Виктор Муйжель «Две силы».

III.

Под утро, когда серый, холодный сумрак встал в пустынных улицах и синий дым пожарищ тянулся в нем разворачивающимися свитками, сидевшие в подвалах и погребах услышали странный гул, лязганье железа и отрывистый, бешеный топот по мостовой. Кое-кто из более смелых осторожно выглянул на улицу и увидел проносившийся в карьер кавалерийский разъезд с шашками наголо.

Он мчался по всем улицам — в полном молчании, тесной колонной, и только резкий, отчетливый в синем утреннем воздухе лязг кованных копыт нарушал тишину.

Похоже было, что в полуразрушенный город ворвались призраки войны, её дикое воплощение — и проносится смертоносным ураганом по всем улицам, где еще тлеют черные обугленные бревна обрушившихся зданий.

Ясь, нашедший свою Раю, с чувством суеверного страха, следил за молчаливым страшным разъездом на тощих, хрипящих от стремительного карьера лошадях. Его больше всего поразило то обстоятельство, что солдаты мчались в полном молчании — без крика, без слова — и от этого зловещего, страшного молчания мертвецов лица у них были какие-то серые, суровые, обросевшие утренней росой или потом дикой скачки…

Разъезд облетел весь город, приостановился на секунду у ратуши и — исчез. И через час, когда стало почти совсем светло, обыватели услышали мерный, глухой и такой тяжелый, что… казалось — от него гнется сама земля, гул сотен и тысяч ног.

Это вошла пехота — грубая, тяжелая, как выкованная из железа, слитая в один кусок, как сплав металла, германская пехота в своих альпийских сапогах, подбитых вершковыми гвоздями, грохочущих, как лошадиные подковы.
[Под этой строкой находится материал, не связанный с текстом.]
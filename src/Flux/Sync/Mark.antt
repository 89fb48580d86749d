-- ===== src/Flux/Sync/Mark.antt =====
-- The mark that a read waits for is found at the first bitcell where the last 32 are the mark.
use flashfloppy_testbed.Prelude.{
  ℕ, zero, suc, ◌+◌, ◌-◌, ◌*◌, ◌/◌, ◌%◌, ◌^◌, ◌<◌, ◌≤◌, ◌≡◌, inl, inr, ◌∙◌, refl, sym, ap, arith,
}
use flashfloppy_testbed.Prelude.{
  List, [], ◌∷◌, ◌++◌, replicate, false, ◌==◌, if◌then◌else◌, Bool-cases, Option, none, some,
}
use Prim.Native.Nat.{one}
use mathlib.Core.Path.{subst}
use native.Mathlib.Nat.{div-eq_of_lt-le, pow-suc, suc-mul}
use flashfloppy_testbed.Bits.Step.{bit_and_step}
use flashfloppy_testbed.Mem.{u16, u32}
use flashfloppy_testbed.Flux.Read.{gap_bits}
use flashfloppy_testbed.Flux.Sync.{
  Sync, sync_none, sync_fm, sync_mfm, Window, sync_found, flux_cells, shift_flux, sync_loop,
}

-- A window of 32 cells, behind some more.
abbrev pub window : ℕ → List ℕ → ℕ
window dat [] = dat
window dat (b ∷ bs) = window (u32 (dat * 2 + b)) bs

-- The first place in a run of cells where the window has the mark: the window there, how many of its
-- cells are the mark, and the cells behind it.
abbrev pub find_mark : Sync → ℕ → List ℕ → Option (ℕ × ℕ × List ℕ)
find_mark sync dat [] = none
find_mark sync dat (b ∷ bs) =
    let d = u32 (dat * 2 + b) in
    let rest = find_mark sync d bs in
    if sync_found sync d == 0 then rest else some (d, sync_found sync d, bs)

-- As in `Flux.Read`, but by less than half a cell: where it is just half a cell, `rdata_wait_sync`
-- takes one cell more than `rdata_flux_to_bc`.
abbrev pub InCells : ℕ → ℕ → ℕ → Type 0
InCells cell k curr = (curr < suc k * cell + cell / 2) × (0 < k → k * cell + cell / 2 < curr)

abbrev pub IsSpaced : ℕ → ℕ → List ℕ → List ℕ → Type 0
IsSpaced cell prev [] ks = ks ≡ []
IsSpaced cell prev (next ∷ samples) [] = ⊥
IsSpaced cell prev (next ∷ samples) (k ∷ ks) =
    InCells cell k (u16 (next + 2 ^ 16 - prev)) × IsSpaced cell next samples ks

flux_cells_lem : (cell k curr : ℕ) → 0 < cell → InCells cell k curr → flux_cells cell curr ≡ suc k
unfolding flux_cells
flux_cells_lem cell k curr pos w =
    ap (λ n. n + 1) (div-eq_of_lt-le cell (low k w.1) high) ∙ omega arith
  where
    low : (k : ℕ) → (0 < k → k * cell + cell / 2 < curr) → k * cell ≤ curr - cell / 2
    low zero h = omega arith
    low (suc k) h = omega (arith, h (omega arith))

    high : curr - cell / 2 < (k + one) * cell
    high = omega (arith, w.0, same k, above k)
      where
        same : (k : ℕ) → (k + one) * cell ≡ suc k * cell
        same k = ap (λ t. t * cell) (omega arith)

        above : (k : ℕ) → cell ≤ suc k * cell
        above k = omega (arith, suc-mul k cell)

wrap_times : (a t : ℕ) → u32 (u32 a * t) ≡ u32 (a * t)
wrap_times a t = omega (arith, ap (λ x. x * t) (whole a), spread (a / 2 ^ 32) (a % 2 ^ 32) t)
  where
    whole : (a : ℕ) → a ≡ a / 2 ^ 32 * 2 ^ 32 + a % 2 ^ 32
    whole a = omega arith

    spread : (q r t : ℕ) → (q * 2 ^ 32 + r) * t ≡ q * t * 2 ^ 32 + r * t
    spread q r t = grind arith

shift-window :
    (k dat : ℕ) → u32 (u32 (dat * 2 ^ suc k) + 1) ≡ window dat (replicate k 0 ++ (1 ∷ []))
shift-window zero dat = omega arith
shift-window (suc k) dat =
    ap (λ t. u32 (t + 1)) (sym (wrap_times (dat * 2 + 0) (2 ^ suc k) ∙ ap u32 (powers dat k)))
    ∙ shift-window k (u32 (dat * 2 + 0))
  where
    twice : (d p : ℕ) → (d * 2 + 0) * p ≡ d * (2 * p)
    twice d p = grind arith

    powers : (d k : ℕ) → (d * 2 + 0) * 2 ^ suc k ≡ d * 2 ^ suc (suc k)
    powers d k = twice d (2 ^ suc k) ∙ ap (λ t. d * t) (omega (arith, pow-suc 2 (suc k)))

-- A window with a mark ends in a one.
sync_found-even : (sync : Sync) (d : ℕ) → sync_found sync (u32 (d * 2 + 0)) ≡ 0
unfolding sync_found
sync_found-even sync_mfm d = ground arith
sync_found-even sync_none d = ground arith
sync_found-even sync_fm d = ground (arith, bit_and_step (u32 (d * 2 + 0)) 0xffffd555)

find_mark-zeros :
    (k : ℕ) (sync : Sync) (dat : ℕ) (bs : List ℕ)
    → find_mark sync dat (replicate k 0 ++ bs) ≡ find_mark sync (window dat (replicate k 0)) bs
find_mark-zeros zero sync dat bs = refl
find_mark-zeros (suc k) sync dat bs =
    rw (sync_found-even sync dat) (find_mark-zeros k sync (u32 (dat * 2 + 0)) bs)

window-append : (xs ys : List ℕ) (dat : ℕ) → window dat (xs ++ ys) ≡ window (window dat xs) ys
window-append [] ys dat = refl
window-append (x ∷ xs) ys dat = window-append xs ys (u32 (dat * 2 + x))

shift_flux-window :
    (cell k next : ℕ) (s : Window)
    → 0 < cell
    → InCells cell k (u16 (next + 2 ^ 16 - s.prev))
    → (shift_flux cell s next).bc_dat ≡ window s.bc_dat (replicate k 0 ++ (1 ∷ []))
unfolding shift_flux
shift_flux-window cell k next s pos w =
    ap (λ n. u32 (u32 (s.bc_dat * 2 ^ n) + 1))
      (flux_cells_lem cell k (u16 (next + 2 ^ 16 - s.prev)) pos w)
    ∙ shift-window k s.bc_dat

shift_flux_prev : (cell : ℕ) (s : Window) (next : ℕ) → (shift_flux cell s next).prev ≡ next
unfolding shift_flux
shift_flux_prev cell s next = refl

-- What the loop has found, if anything: the window, the length of the mark, and cells that the
-- samples behind it are spaced by.
abbrev pub Finds : ℕ → Option (ℕ × ℕ × List ℕ) → Window × List ℕ × ℕ → Type 0
Finds cell none (w, left, found) = found ≡ 0
Finds cell (some (d, n, bits)) (w, left, found) =
    (w.bc_dat ≡ d)
    × (found ≡ n)
    × ((n == 0) ≡ false)
    × ((ks : List ℕ) × (gap_bits ks ≡ bits) × IsSpaced cell w.prev left ks)

-- `rdata_wait_sync` on samples that are spaced by whole numbers of cells, to within half a cell, stops
-- behind the first of their cells where the last 32 are the mark, with these as its window, and leaves
-- the samples behind it; where there is none it takes all samples.
pub sync_loop-find_mark :
    (samples ks : List ℕ) (sync : Sync) (cell : ℕ) (s : Window)
    → 0 < cell
    → IsSpaced cell s.prev samples ks
    → Finds cell (find_mark sync s.bc_dat (gap_bits ks)) (sync_loop sync cell s samples)
unfolding sync_loop
sync_loop-find_mark [] ks sync cell s pos h =
    subst (λ l. Finds cell (find_mark sync s.bc_dat (gap_bits l)) (s, [], 0)) (sym h) refl
sync_loop-find_mark (next ∷ samples) [] sync cell s pos h = absurd h
sync_loop-find_mark (next ∷ samples) (k ∷ ks) sync cell s pos h =
    let shifted = shift_flux cell s next in
    let step : find_mark sync s.bc_dat (gap_bits (k ∷ ks))
        ≡ behind sync shifted.bc_dat (gap_bits ks) =
      find_mark-zeros k sync s.bc_dat (1 ∷ gap_bits ks)
      ∙ ap (λ d. behind sync d (gap_bits ks))
          (sym (window-append (replicate k 0) (1 ∷ []) s.bc_dat)
            ∙ sym (shift_flux-window cell k next s pos h.0)) in
    let later =
      sync_loop-find_mark samples ks sync cell shifted pos
        (subst (λ p. IsSpaced cell p samples ks) (sym (shift_flux_prev cell s next)) h.1) in
    subst (λ o. Finds cell o (sync_loop sync cell s (next ∷ samples))) (sym step)
      (elim (Bool-cases (sync_found sync shifted.bc_dat == 0)) [
        | inl miss ↦ rw miss later
        | inr hit ↦ rw hit (
          refl,
          refl,
          hit,
          (
            ks,
            refl,
            subst (λ p. IsSpaced cell p samples ks) (sym (shift_flux_prev cell s next)) h.1,
          ),
        )
      ])
  where
    behind : Sync → ℕ → List ℕ → Option (ℕ × ℕ × List ℕ)
    behind sync d bs =
        if sync_found sync d == 0 then find_mark sync d bs else some (d, sync_found sync d, bs)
Она шла правильными рядами — серыми, тусклыми, в которых лица терялись, и этот безликий, отбивающий такт поток вливался бесконечными волнами в город, занимал площади и улицы, определенно, точно, как на учении, становился на намеченном заранее месте и замирал, как машина, в которой человеческая воля властным движением остановила какой-то рычаг.

За пехотой прошла артиллерия — и тоже, как на учении, в заранее определенных пунктах заняла место, и чёрные жерла орудий, опирающиеся на широкие компрессаторы, закрытые чехлами — казались настолько же живыми и одушевленными, насколько тускло-серые, безликие ряды солдат напоминали выкованную из одного куска металла машину…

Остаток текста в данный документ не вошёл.